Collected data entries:
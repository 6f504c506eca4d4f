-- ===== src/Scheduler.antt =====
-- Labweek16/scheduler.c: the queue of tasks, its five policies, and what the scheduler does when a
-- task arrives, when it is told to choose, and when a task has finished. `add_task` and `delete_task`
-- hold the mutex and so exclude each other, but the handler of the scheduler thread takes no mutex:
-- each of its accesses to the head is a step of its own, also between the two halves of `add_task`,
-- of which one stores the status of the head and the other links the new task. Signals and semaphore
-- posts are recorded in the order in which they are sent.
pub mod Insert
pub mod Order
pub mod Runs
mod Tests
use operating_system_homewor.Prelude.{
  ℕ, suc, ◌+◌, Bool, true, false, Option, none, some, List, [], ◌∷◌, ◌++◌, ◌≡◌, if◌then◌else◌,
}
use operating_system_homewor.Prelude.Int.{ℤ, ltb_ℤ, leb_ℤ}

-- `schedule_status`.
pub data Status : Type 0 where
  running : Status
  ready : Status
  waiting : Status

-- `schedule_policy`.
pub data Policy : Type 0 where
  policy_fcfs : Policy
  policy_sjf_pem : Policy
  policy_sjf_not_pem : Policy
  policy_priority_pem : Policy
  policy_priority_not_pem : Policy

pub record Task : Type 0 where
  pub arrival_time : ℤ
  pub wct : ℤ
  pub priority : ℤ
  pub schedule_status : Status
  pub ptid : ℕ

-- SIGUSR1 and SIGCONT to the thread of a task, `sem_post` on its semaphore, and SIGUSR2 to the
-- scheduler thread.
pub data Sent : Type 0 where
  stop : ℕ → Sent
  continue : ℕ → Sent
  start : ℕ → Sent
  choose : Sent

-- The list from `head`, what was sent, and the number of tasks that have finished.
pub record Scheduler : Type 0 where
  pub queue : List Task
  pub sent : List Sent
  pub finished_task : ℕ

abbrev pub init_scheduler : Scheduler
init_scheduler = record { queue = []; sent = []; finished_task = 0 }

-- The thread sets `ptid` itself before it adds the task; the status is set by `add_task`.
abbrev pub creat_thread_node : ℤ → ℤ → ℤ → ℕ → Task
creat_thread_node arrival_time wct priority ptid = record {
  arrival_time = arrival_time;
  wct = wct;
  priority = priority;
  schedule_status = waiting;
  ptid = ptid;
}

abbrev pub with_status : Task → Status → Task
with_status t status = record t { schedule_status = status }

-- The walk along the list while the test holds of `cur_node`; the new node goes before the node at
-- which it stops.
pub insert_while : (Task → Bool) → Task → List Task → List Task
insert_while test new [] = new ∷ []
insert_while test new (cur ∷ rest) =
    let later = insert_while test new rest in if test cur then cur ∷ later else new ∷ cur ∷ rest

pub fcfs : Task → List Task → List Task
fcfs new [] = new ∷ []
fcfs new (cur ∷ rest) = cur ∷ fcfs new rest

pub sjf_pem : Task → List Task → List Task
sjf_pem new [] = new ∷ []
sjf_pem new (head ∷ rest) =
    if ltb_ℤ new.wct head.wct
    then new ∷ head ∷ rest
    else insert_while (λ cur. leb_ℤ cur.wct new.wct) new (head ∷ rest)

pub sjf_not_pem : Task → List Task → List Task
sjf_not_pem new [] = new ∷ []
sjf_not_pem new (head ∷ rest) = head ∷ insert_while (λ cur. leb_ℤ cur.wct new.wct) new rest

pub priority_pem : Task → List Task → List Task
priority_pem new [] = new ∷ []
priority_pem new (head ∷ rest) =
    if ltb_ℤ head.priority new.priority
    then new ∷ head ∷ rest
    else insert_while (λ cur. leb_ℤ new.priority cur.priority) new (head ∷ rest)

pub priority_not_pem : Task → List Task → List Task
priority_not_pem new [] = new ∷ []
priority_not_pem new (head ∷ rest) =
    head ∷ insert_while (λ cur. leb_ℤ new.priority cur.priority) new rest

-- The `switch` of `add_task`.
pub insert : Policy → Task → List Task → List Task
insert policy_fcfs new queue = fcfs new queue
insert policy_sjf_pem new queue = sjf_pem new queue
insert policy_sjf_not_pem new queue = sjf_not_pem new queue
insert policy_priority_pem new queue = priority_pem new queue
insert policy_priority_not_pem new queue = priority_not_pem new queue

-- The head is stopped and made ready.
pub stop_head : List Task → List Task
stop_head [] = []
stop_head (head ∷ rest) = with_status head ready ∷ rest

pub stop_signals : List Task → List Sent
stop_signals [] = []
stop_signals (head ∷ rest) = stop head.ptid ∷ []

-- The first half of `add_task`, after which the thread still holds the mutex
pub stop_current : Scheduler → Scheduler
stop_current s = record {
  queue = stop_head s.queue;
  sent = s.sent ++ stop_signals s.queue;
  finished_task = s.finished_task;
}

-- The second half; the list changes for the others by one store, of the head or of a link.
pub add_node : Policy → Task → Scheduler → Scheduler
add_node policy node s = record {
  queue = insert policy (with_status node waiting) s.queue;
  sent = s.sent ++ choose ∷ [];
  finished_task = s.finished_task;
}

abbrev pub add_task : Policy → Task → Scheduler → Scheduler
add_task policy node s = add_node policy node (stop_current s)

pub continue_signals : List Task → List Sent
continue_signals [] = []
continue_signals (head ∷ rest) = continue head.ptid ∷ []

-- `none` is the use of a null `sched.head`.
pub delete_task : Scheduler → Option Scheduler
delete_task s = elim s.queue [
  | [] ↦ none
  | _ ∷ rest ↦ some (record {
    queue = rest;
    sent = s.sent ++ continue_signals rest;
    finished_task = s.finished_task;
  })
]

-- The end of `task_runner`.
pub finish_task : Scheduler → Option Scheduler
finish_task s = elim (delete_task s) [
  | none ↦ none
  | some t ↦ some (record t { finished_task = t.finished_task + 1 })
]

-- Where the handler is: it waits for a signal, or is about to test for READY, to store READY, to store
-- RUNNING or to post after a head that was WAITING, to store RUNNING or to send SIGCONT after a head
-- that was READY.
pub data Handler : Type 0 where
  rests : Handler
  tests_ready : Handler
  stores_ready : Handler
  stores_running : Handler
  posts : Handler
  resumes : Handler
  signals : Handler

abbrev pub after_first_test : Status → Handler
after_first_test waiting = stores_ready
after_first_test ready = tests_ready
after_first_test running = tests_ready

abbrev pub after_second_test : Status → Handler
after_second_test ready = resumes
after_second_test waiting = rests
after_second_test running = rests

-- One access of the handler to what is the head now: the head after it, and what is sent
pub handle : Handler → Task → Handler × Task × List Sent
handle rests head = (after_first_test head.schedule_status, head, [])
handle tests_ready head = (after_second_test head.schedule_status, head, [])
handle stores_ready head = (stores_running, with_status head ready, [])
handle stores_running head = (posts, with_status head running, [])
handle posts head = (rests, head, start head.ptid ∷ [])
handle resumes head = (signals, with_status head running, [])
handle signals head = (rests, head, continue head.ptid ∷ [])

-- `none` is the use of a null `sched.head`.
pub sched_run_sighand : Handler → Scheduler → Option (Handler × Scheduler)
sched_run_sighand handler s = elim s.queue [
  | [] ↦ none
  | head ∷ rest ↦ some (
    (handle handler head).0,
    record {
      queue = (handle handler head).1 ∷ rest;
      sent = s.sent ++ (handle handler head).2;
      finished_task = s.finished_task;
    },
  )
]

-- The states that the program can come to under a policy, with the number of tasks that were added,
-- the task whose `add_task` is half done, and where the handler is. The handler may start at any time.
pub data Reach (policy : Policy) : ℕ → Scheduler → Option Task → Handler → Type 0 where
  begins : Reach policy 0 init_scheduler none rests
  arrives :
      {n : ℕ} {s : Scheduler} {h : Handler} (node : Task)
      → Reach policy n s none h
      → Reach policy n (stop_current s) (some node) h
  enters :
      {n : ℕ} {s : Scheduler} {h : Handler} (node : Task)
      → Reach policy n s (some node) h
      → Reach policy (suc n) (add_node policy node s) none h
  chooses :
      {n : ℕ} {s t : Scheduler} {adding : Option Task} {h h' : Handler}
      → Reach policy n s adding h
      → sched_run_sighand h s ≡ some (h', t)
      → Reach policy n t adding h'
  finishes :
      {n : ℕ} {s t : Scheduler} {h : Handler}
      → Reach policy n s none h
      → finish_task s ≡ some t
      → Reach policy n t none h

**Task to complete**
Exactly repeat the lines above, from the opening line through the one with "-- scheduler thread.", and include nothing else.

**Completed task**
repository 6f504c506eca4d4f
-- ===== src/Scheduler.antt =====
-- Labweek16/scheduler.c: the queue of tasks, its five policies, and what the scheduler does when a
-- task arrives, when it is told to choose, and when a task has finished. `add_task` and `delete_task`
-- hold the mutex and so exclude each other, but the handler of the scheduler thread takes no mutex:
-- each of its accesses to the head is a step of its own, also between the two halves of `add_task`,
-- of which one stores the status of the head and the other links the new task. Signals and semaphore
-- posts are recorded in the order in which they are sent.
pub mod Insert
pub mod Order
pub mod Runs
mod Tests
use operating_system_homewor.Prelude.{
  ℕ, suc, ◌+◌, Bool, true, false, Option, none, some, List, [], ◌∷◌, ◌++◌, ◌≡◌, if◌then◌else◌,
}
use operating_system_homewor.Prelude.Int.{ℤ, ltb_ℤ, leb_ℤ}

-- `schedule_status`.
pub data Status : Type 0 where
  running : Status
  ready : Status
  waiting : Status

-- `schedule_policy`.
pub data Policy : Type 0 where
  policy_fcfs : Policy
  policy_sjf_pem : Policy
  policy_sjf_not_pem : Policy
  policy_priority_pem : Policy
  policy_priority_not_pem : Policy

pub record Task : Type 0 where
  pub arrival_time : ℤ
  pub wct : ℤ
  pub priority : ℤ
  pub schedule_status : Status
  pub ptid : ℕ

-- SIGUSR1 and SIGCONT to the thread of a task, `sem_post` on its semaphore, and SIGUSR2 to the
-- scheduler thread.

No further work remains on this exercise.